His mother was Lady Isabel Courtenay, daughter of the Earl of Radcliffe (one possible reason he hates his first name). His father, Thomas Emerson, was a good-hearted but easygoing man who failed to satisfy his cold-hearted, ambitious wife. Their marriage had become loveless by the time Radcliffe was born, and after his father died, his mother did her best to "shape" Radcliffe into her ideal of a man, which he vehemently resisted. A small inheritance from a distant relative enabled him to escape his mother's control, and the aristocratic marriage she had arranged for him, and pursue his studies as an Egyptologist. His mother disowned him.

Radcliffe became an Egyptologist, while his younger brother Walter became a philologist. The two frequently led archaeological expeditions to Egypt, where Radcliffe was one of the first (and for a while, few) advocates of a methodological approach to archaeology.

In Crocodile on the Sandbank, during a visit to the Cairo museum, the Emersons encountered Amelia Peabody and her friend, Evelyn Forbes. Radcliffe and Amelia instantly butted heads in an argument, and she considered him a rude and patronizing boor. When Amelia visited the Emersons' dig in Amarna, however, Amelia found Radcliffe Emerson ill, and not only nursed him back to health, but also took over part of his duties. Grudgingly, he came to respect her abilities, and at the end, realized he was in love with her.

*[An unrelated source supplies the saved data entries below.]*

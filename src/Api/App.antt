-- ===== src/Api/App.antt =====
-- `create_app` of src/piki/api/app.py: which parts an application has and closes, and what its webhook
-- is configured with; and the chat's status, src/piki/api/chat.py. The ingress and the orchestrator
-- are of any types; what their factories give is an argument.
use buenpick_piki.Base.{String, Bool, true, false, ◌&&◌, Option, none, some, List, [], ◌∷◌, ◌++◌}
use buenpick_piki.Base.Failure.{Result, ok}
use buenpick_piki.Sql.{◌>>=◌}
use buenpick_piki.Config.Settings.{
  Settings, resolved_meta_webhook_verify_token, resolved_meta_app_secret,
  resolved_buenpick_internal_api_token,
}

-- the parts that the end of the application closes
pub data Part : Type 0 where
  ingress orchestrator readiness : Part

pub data Router : Type 0 where
  webhook chat console : Router

module _ (I O : Type 0) where
  pub record App : Type 0 where
    pub verify_token : Option String
    pub app_secret : Option String
    pub expected_waba_id : Option String
    pub expected_phone_number_id : Option String
    pub runtime_ingress : Option I
    pub owned_ingress : Option I
    pub runtime_orchestrator : Option O
    pub owned_orchestrator : Option O
    pub routers : List Router

-- what runs and what is owned: a part that is wanted and not given is created
abbrev pub made : {A : Type 0} → Bool → Option A → Result A → Result (Option A × Option A)
made true none created = created >>= λ a. ok (some a, some a)
made true (some a) created = ok (some a, none)
made false given created = ok (given, none)

abbrev console_routers : Bool → List Router
console_routers true = chat ∷ console ∷ []
console_routers false = []

abbrev closed : {A : Type 0} → Part → Option A → List Part
closed part none = []
closed part (some a) = part ∷ []

pub record ChatRuntimeStatus : Type 0 where
  pub enabled : Bool
  pub llm_provider : Option String
  pub llm_model : Option String
  pub buenpick_api_configured : Bool
  pub meta_ingress_enabled : Bool

abbrev is_some : {A : Type 0} → Option A → Bool
is_some none = false
is_some (some a) = true

module _ {I O : Type 0} (read_text : String → Result String) where
  -- `create_app(settings, readiness, meta_ingress, conversation_orchestrator)`
  unfoldable pub create_app :
      Settings → Option I → Option O → Result I → Result O → Result (App I O)
  unfolding resolved_meta_webhook_verify_token resolved_meta_app_secret
  create_app s given_ingress given_orchestrator created_ingress created_orchestrator =
      made s.meta_ingress_enabled given_ingress created_ingress >>= (λ (i : Option I × Option I).
        made (s.conversation_enabled && s.local_console_enabled) given_orchestrator
          created_orchestrator
        >>= (λ (o : Option O × Option O).
            resolved_meta_webhook_verify_token read_text s >>= (λ token.
              resolved_meta_app_secret read_text s >>= (λ secret. ok (record {
                verify_token = token;
                app_secret = secret;
                expected_waba_id = s.meta_waba_id;
                expected_phone_number_id = s.meta_phone_number_id;
                runtime_ingress = i.0;
                owned_ingress = i.1;
                runtime_orchestrator = o.0;
                owned_orchestrator = o.1;
                routers = webhook ∷ console_routers s.local_console_enabled;
              })))))

module _ {I O : Type 0} where
  -- what `lifespan` closes at the end
  unfoldable pub closings : App I O → List Part
  closings a =
      closed ingress a.owned_ingress ++ closed orchestrator a.owned_orchestrator ++ readiness ∷ []

module _ {O : Type 0} (read_text : String → Result String) where
  -- `runtime_status()`
  unfoldable pub runtime_status : Settings → Option O → Result ChatRuntimeStatus
  unfolding resolved_buenpick_internal_api_token
  runtime_status s o = resolved_buenpick_internal_api_token read_text s >>= (λ token. ok (record {
    enabled = is_some o;
    llm_provider = s.llm_provider;
    llm_model = s.llm_model;
    buenpick_api_configured = is_some token;
    meta_ingress_enabled = s.meta_ingress_enabled;
  }))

In the later books Amelia refers to Emerson as "the greatest Egyptologist of this or any other age."

A few years after his marriage and Ramses's birth, Emerson tried to make peace with his mother. She refused his attention, but was unable to prevent him from inheriting his grandfather's estate when she died.

==Appearance==
When he first appears in Crocodile on the Sandbank, Emerson is described (by Amelia, thus romantically) as tall, well-muscled, with "sapphirine" eyes and dark, wavy black hair. In The Mummy Case, he is described as having Titian highlights in his hair. He prefers to wear a beard, as he is self-conscious about the dimple in his chin (which he calls a cleft), but Amelia, who hates the beard and adores the dimple, makes him shave it at the earliest possible opportunity. In Crocodile, Amelia also describes him as having a "very hairy" chest and body, but this reference is never made again.

==Character==
Emerson is presented as a man of action. He is known to be short-tempered and irascible. His willingness to use violence is often enough to make him feared by all the petty criminals and crooked antiques dealers in Egypt.

Emerson remains unaware of his own character flaws. He considers himself the family’s only rational, even-tempered member and is a car and motorcycle enthusiast, despite his mechanical ineptitude. His reckless driving terrifies his family. He seizes every opportunity to disguise himself, especially with a false beard, though no one is ever fooled.

He is intolerant of bureaucracy and an advocate of careful methods of excavation and research. His methods are presented as a great contrast to those of well-known non-fictional archaeological adventurers, who can sometimes be found as minor characters in the books. More established and careful archaeologists, including William Flinders Petrie and Howard Carter, the discoverer and primary excavator of the tomb of Tutankhamun, are presented more positively.

The Emerson family adventures, to date, are set in Great Britain, Egypt and Palestine during the British Imperial period, beginning in approximately 1890 and extending through the 1920s.